Kopel even noted an interesting contrast to how the South was treating “Bowie knives” out of New Hampshire:
“Like all of the Northeast, New Hampshire in mid-century had no interest in Bowie knife laws. But Bowie knives did appear in a legislative resolution that considered Bowie knives and revolvers to be effective for legitimate defense.”
Today, of course, Southern states tend to reject restrictions on “assault weapons,” while many states in the Northeast have adopted bans and other unconstitutional restrictions on them.
Eventually, the hyper-emotional reaction to “Bowie knives” from the 19th century waned, and today, most states consider them little different than any other knife. No state currently bans their sale, as some tried to do way back when, and no state currently tries to dissuade their possession with prohibitive taxes for purchase or possession, as was imposed in the past. And no state bans their mere possession. Bans on sales, exorbitant taxes, and bans on possession are all, of course, methods today’s anti-arms extremists use to try to restrict our right to own “assault weapons.”
So, whether or not you agree with the hypothesis that “Bowie knives” were America’s first “assault weapon,” there is at least one conclusion to this discussion with which anyone who supports the Second Amendment can likely agree.
Rather than capitulate to the anti-“assault weapon” hysteria of today, as so many apparently did during the anti-“Bowi knife” hysteria of the 19th century, NRA and our supporters must continue to fight against the irrational, emotional arguments of those who promote disarming law-abiding Americans. We are not willing to be “those” who are described in the aphorism widely attributed to philosopher George Santayana:
“Those who cannot remember the past are condemned to repeat it.”

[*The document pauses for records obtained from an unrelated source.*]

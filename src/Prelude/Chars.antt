-- ===== src/Prelude/Chars.antt =====
-- Text as its list of Unicode scalar values, with the tests of Rust's `char` and `str` that the
-- program uses. An `OsString` is such a list in which a lone surrogate may stand.
use Prim.Native.Char.{code}
use Prim.Native.String.{String}
use Prim.Native.Nat.{ℕ, ◌+◌, ◌≤◌, ◌<◌}
use mathlib.Core.Path.{◌≡◌, refl, sym, ap, ap₂, ◌∙◌}
use mathlib.Core.Logic.{◌↔◌, ◌⊎◌, inl, inr}
use mathlib.Core.Bool.{Bool, true, false, not, ◌&&◌, ◌||◌}
use mathlib.Core.List.{List, [], ◌∷◌, ◌++◌, map, reverse}
use native.Mathlib.Omega.{arith}
use agent_workboard.Prelude.Tests.{ltb, leb, ◌==◌, if◌then◌else◌}
use agent_workboard.Prelude.Lists.{length, is_empty, any, all, all-reverse, is_empty-reverse}

abbrev pub Text : Type 0
Text = List ℕ

abbrev pub text : String → Text
text String.[] = []
text (String.◌∷◌ c s) = code c ∷ text s

-- `char::is_control`: the general category Cc.
unfoldable pub is_control : ℕ → Bool
is_control c = ltb c 32 || (leb 127 c && ltb c 160)

-- `char::is_whitespace`: the property White_Space.
unfoldable pub is_whitespace : ℕ → Bool
is_whitespace c =
    (leb 9 c && leb c 13)
    || c == 32
    || c == 133
    || c == 160
    || c == 5760
    || (leb 8192 c && leb c 8202)
    || c == 8232
    || c == 8233
    || c == 8239
    || c == 8287
    || c == 12288

unfoldable pub is_ascii_uppercase : ℕ → Bool
is_ascii_uppercase c = leb b'A' c && leb c b'Z'

unfoldable pub is_ascii_lowercase : ℕ → Bool
is_ascii_lowercase c = leb b'a' c && leb c b'z'

unfoldable pub is_ascii_digit : ℕ → Bool
is_ascii_digit c = leb b'0' c && leb c b'9'

unfoldable pub is_ascii_alphanumeric : ℕ → Bool
unfolding is_ascii_uppercase is_ascii_lowercase is_ascii_digit
is_ascii_alphanumeric c = is_ascii_uppercase c || is_ascii_lowercase c || is_ascii_digit c

unfoldable pub trim_start : Text → Text
trim_start [] = []
trim_start (c ∷ s) = if is_whitespace c then trim_start s else c ∷ s

-- `str::trim`.
unfoldable pub trim : Text → Text
unfolding trim_start
trim s = reverse (trim_start (reverse (trim_start s)))

-- `s.trim().is_empty()`.
unfoldable pub is_blank : Text → Bool
unfolding trim
is_blank s = is_empty (trim s)

utf8_width : ℕ → ℕ
utf8_width c = if ltb c 128 then 1 else if ltb c 2048 then 2 else if ltb c 65536 then 3 else 4

-- `str::len`: the bytes of the UTF-8 form.
unfoldable pub len : Text → ℕ
unfolding utf8_width
len [] = 0
len (c ∷ s) = utf8_width c + len s

unfoldable pub text_eq : Text → Text → Bool
text_eq [] [] = true
text_eq (c ∷ s) (d ∷ t) = c == d && text_eq s t
text_eq [] (d ∷ t) = false
text_eq (c ∷ s) [] = false

-- `s.chars().any(char::is_control)`.
unfoldable pub has_control : Text → Bool
has_control s = any is_control s

-- `str::starts_with` and `str::ends_with`, with a character.
unfoldable pub starts_with : Text → ℕ → Bool
starts_with [] c = false
starts_with (d ∷ s) c = d == c

unfoldable pub ends_with : Text → ℕ → Bool
ends_with [] c = false
ends_with (d ∷ []) c = d == c
ends_with (d ∷ e ∷ s) c = ends_with (e ∷ s) c

unfoldable pub is_surrogate : ℕ → Bool
is_surrogate c = leb 55296 c && leb c 57343

-- `OsStr::to_str` succeeds.
unfoldable pub is_unicode : Text → Bool
is_unicode s = all (λ c. not (is_surrogate c)) s

is_empty-trim_start : (s : Text) → is_empty (trim_start s) ≡ all is_whitespace s
unfolding trim_start
is_empty-trim_start [] = refl
is_empty-trim_start (c ∷ s) = ground (arith, is_empty-trim_start s)

all-trim_start : (s : Text) → all is_whitespace (trim_start s) ≡ all is_whitespace s
unfolding trim_start
all-trim_start [] = refl
all-trim_start (c ∷ s) = ground (arith, all-trim_start s)

-- A text is blank exactly when it is all white space.
pub is_blank-eq-all : (s : Text) → is_blank s ≡ all is_whitespace s
unfolding is_blank
is_blank-eq-all s =
    is_empty-reverse (trim_start (reverse (trim_start s)))
    ∙ is_empty-trim_start (reverse (trim_start s))
    ∙ all-reverse is_whitespace (trim_start s)
    ∙ all-trim_start s

pub text_eq_iff : (s t : Text) → (text_eq s t ≡ true) ↔ (s ≡ t)
unfolding text_eq
text_eq_iff [] [] = (λ h. refl, λ e. refl)
text_eq_iff (c ∷ s) (d ∷ t) = ground (arith, text_eq_iff s t)
text_eq_iff [] (d ∷ t) = (λ h. cc, λ e. cc)
text_eq_iff (c ∷ s) [] = (λ h. cc, λ e. cc)

pub text_eq_self : (s : Text) → text_eq s s ≡ true
text_eq_self s = (text_eq_iff s s).1 refl

pub len-append : (s t : Text) → len (s ++ t) ≡ len s + len t
unfolding len
len-append [] t = omega arith
len-append (c ∷ s) t = omega (arith, len-append s t)

pub length-le-len : (s : Text) → length s ≤ len s
unfolding len
length-le-len [] = omega arith
length-le-len (c ∷ s) = ground (arith, length-le-len s)

-- A change of ASCII characters to ASCII characters keeps the number of bytes.
pub len-map :
    (f : ℕ → ℕ)
    → ((c : ℕ) → (f c ≡ c) ⊎ ((c < 128) × (f c < 128)))
    → (s : Text) → len (map f s) ≡ len s
unfolding len utf8_width
len-map f h [] = refl
len-map f h (c ∷ s) = ap₂ (λ a b. a + b) (same_width (h c)) (len-map f h s)
  where
    narrow : (d : ℕ) → d < 128 → utf8_width d ≡ 1
    narrow d k = ground arith

    same_width : (f c ≡ c) ⊎ ((c < 128) × (f c < 128)) → utf8_width (f c) ≡ utf8_width c
    same_width (inl e) = ap utf8_width e
    same_width (inr (a, b)) = narrow (f c) b ∙ sym (narrow c a)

We must remember what happened to America’s first “assault weapon,” and reject the emotional, illogical call to impose restrictions on our right to arms, as those in the 19th century should have done with the imposed restrictions on “Bowie knives.” The similarities between the two campaigns separated by roughly a century-and-a-half should be recognized, and rather than wait for states that act irrationally to eventually come to their senses, as was the case with “Bowie knives,” we need to defeat these emotionally-driven, anti-freedom agendas, and make sure these particular errors of the mid-to-late 19th century are not repeated.